To do this, the researchers developed a methodology that allows them to detect the dependence of cookies on the characteristics of the browser and the machine. The results show that 1,150 of the top 30,000 Alexa websites deploy this tracking mechanism, going so far as to track users across multiple websites, even if third-party cookies are deprecated.
This new tracking technique is explained by the fact that Google has announced the upcoming removal (at the end of 2023) of third-party cookies in Chrome. A problem for the trillions of dollars of Internet advertising worldwide, thanks to tracking. "This means that even if third-party cookies are banned, trackers will be able to continue tracking, using first-party cookies and fingerprint techniques," adds Arnaud Legout.
Medical sites and the RGPD: alarming results
Finally, Greasy researchers have more recently focused on showing by analyzing 385 health-related websites that users visit when searching for doctors in Germany, Austria, France, Belgium and Ireland, that the majority do not comply with the GDPR. A major privacy issue, since Alphabet (Google's parent company that controls more than 80% of online advertising) can acquire medical information about Internet users without or even against their consent.

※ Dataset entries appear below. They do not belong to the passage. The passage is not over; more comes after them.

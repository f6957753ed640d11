-- ===== src/Config/Parts.antt =====
-- crates/core/src/config.rs: each part of the configuration is read back from what is written of it.
pub mod Plain
pub mod Lists
pub mod Mime
use ferro_http.Base.{
  ℕ, zero, suc, ◌+◌, ◌-◌, ◌*◌, ◌/◌, ◌%◌, ◌^◌, ◌≤◌, ◌<◌, min, ◌≡◌, refl, sym, ap, ◌∙◌, ◌≢◌, ◌↔◌, ◌⊎◌,
  inl, inr, Bool, true, false, not, ◌&&◌, ◌||◌, Option, none, some, List, [], ◌∷◌, ◌++◌, map,
  append_assoc, append-nil, arith, ltb, leb, ◌==◌, if◌then◌else◌, ltb→lt, lt→ltb, leb→le, ==_iff,
  Bool-cases, Option-cases, length, get_elem?, get_or, replicate, take, drop, length-append,
  length-take, length-drop, take-append-drop, take-append, drop-append, Bytes, codes, within,
  bytes_eq, bytes_eq_iff, is_empty, all, any, filter, position, find, u64_max, u32_max,
  is_ascii_digit, is_ascii_alphabetic, is_ascii_alphanumeric, eq_ignore_ascii_case, starts_with,
  strip_prefix, split_once, split, utf8_valid, trim, parse_digits, parse_uint, dec_digits,
  print_dec, to_ascii_lowercase, wrapping_add, print_hex, cons_head, hex_digits,
}
use ferro_http.Json.{Float, JsonValue, get, find_member}
use ferro_http.Config.{ServerConfig, Result, ok}
use ferro_http.Config.Read.{
  read_field, read_string, read_u64, read_usize, read_u16, usize_of, u16_of, read_server,
}
use ferro_http.Config.Write.{escape_byte, escape_json, server_text}
use ferro_http.Config.Values.{Reads}
use ferro_http.Config.Members.{Field, entry, members_of, starts_value}
use ferro_http.Config.Fields.{IsExact, as_u64-exact, text_field, number_field, object_field}

-- The numbers that `f64` holds exactly, and valid texts.
pub record ServerFits (c : ServerConfig) : Type 0 where
  pub bind_valid : utf8_valid c.bind ≡ true
  pub port_fits : c.port ≤ 65535
  pub worker_threads_fit : c.worker_threads ≤ 2 ^ 53
  pub max_connections_fit : c.max_connections ≤ 2 ^ 53
  pub keep_alive_secs_fit : c.keep_alive_secs ≤ 2 ^ 53
  pub read_timeout_secs_fit : c.read_timeout_secs ≤ 2 ^ 53
  pub request_max_bytes_fit : c.request_max_bytes ≤ 2 ^ 53

-- What is written of a part, as the member of the object around it, and what it reads as.
pub record Part {F : Type 0} (float : Float F) (text : Bytes) {C : Type 0}
    (read : JsonValue F → Result C) (c : C) : Type 0 where
  pub value : JsonValue F
  pub starts : starts_value text ≡ true
  pub text_reads : Reads float 2 text value
  pub read_back : read value ≡ ok c

pub usize_of-small : (key path : Bytes) (n : ℕ) → n ≤ 2 ^ 53 → usize_of key path n ≡ ok n
unfolding usize_of
usize_of-small key path n small = ground (arith, small)

u16_of-small : (key path : Bytes) (n : ℕ) → n ≤ 65535 → u16_of key path n ≡ ok n
unfolding u16_of
u16_of-small key path n small = rw in_range (ap ok (omega arith))
  where
    in_range : ltb 65535 n ≡ false
    in_range = ground (arith, small)

module _ {F : Type 0} (float : Float F) (exact : IsExact float) where
  pub server-Part :
      (c d : ServerConfig)
      → ServerFits c
      → Part float (server_text c) (λ v. read_server float v d) c
  unfolding server_text read_server read_field read_string read_u16 read_usize read_u64 get
      find_member bytes_eq escape_json escape_byte utf8_valid entry members_of
  server-Part c d fits = record {
    value = field.value;
    starts = field.text_starts;
    text_reads = field.text_reads;
    read_back =
        rw
          (
            as_u64-exact float exact c.port (omega (arith, fits.port_fits)),
            u16_of-small (codes "port") (codes "server") c.port fits.port_fits,
            as_u64-exact float exact c.worker_threads fits.worker_threads_fit,
            usize_of-small (codes "worker_threads") (codes "server") c.worker_threads
                fits.worker_threads_fit,
            as_u64-exact float exact c.max_connections fits.max_connections_fit,
            usize_of-small (codes "max_connections") (codes "server") c.max_connections
                fits.max_connections_fit,
            as_u64-exact float exact c.keep_alive_secs fits.keep_alive_secs_fit,
            as_u64-exact float exact c.read_timeout_secs fits.read_timeout_secs_fit,
            as_u64-exact float exact c.request_max_bytes fits.request_max_bytes_fit,
            usize_of-small (codes "request_max_bytes") (codes "server") c.request_max_bytes
                fits.request_max_bytes_fit,
          )
          refl;
  }
    where
      field : Field float 2
      field =
          object_field float 1 (codes "server") (codes "  ") (codes "    ")
            (text_field float 1 (codes "bind") c.bind refl fits.bind_valid)
            (number_field float 1 (codes "port") c.port refl exact (omega (arith, fits.port_fits))
              ∷ number_field float 1 (codes "worker_threads") c.worker_threads refl exact
                  fits.worker_threads_fit
              ∷ number_field float 1 (codes "max_connections") c.max_connections refl exact
                  fits.max_connections_fit
              ∷ number_field float 1 (codes "keep_alive_secs") c.keep_alive_secs refl exact
                  fits.keep_alive_secs_fit
              ∷ number_field float 1 (codes "read_timeout_secs") c.read_timeout_secs refl exact
                  fits.read_timeout_secs_fit
              ∷ number_field float 1 (codes "request_max_bytes") c.request_max_bytes refl exact
                  fits.request_max_bytes_fit
              ∷ [])
            refl refl refl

"What we wanted to show here is that when you visit an e-commerce site that does tracking, it's not the same as when you visit the site of a health professional who does tracking. It doesn't give the same information. Knowing that you have bought the latest sneakers does not transmit the same information as knowing that you have made an appointment with an oncologist. We show that today, the level of privacy on medical websites is not higher than on commercial websites," says Arnaud Legout.
As the RGPD only authorizes the processing of health-related data with the explicit consent of the user, health-related websites must indeed ask for consent before any data processing, especially when they integrate third-party trackers. Yet, and according to Greasy's findings, at least one form of tracking is present on 62% of the health websites analyzed, prior to interaction with the consent pop-up, and 15% of the websites include tracking after rejection.
"The sites on which we detected these flaws have been contacted, but we have to admit that it is very difficult for healthcare professionals to address these legal compliance issues, on the one hand because they usually outsource the management of their site, but also because the subject is difficult to understand by an uninformed person", moderates Arnaud Legout.
Since one of the objectives behind Greasy's work is to help with regulation, the results of this research have been shared with the CNIL to improve understanding of the tracking of Internet users' browsing history.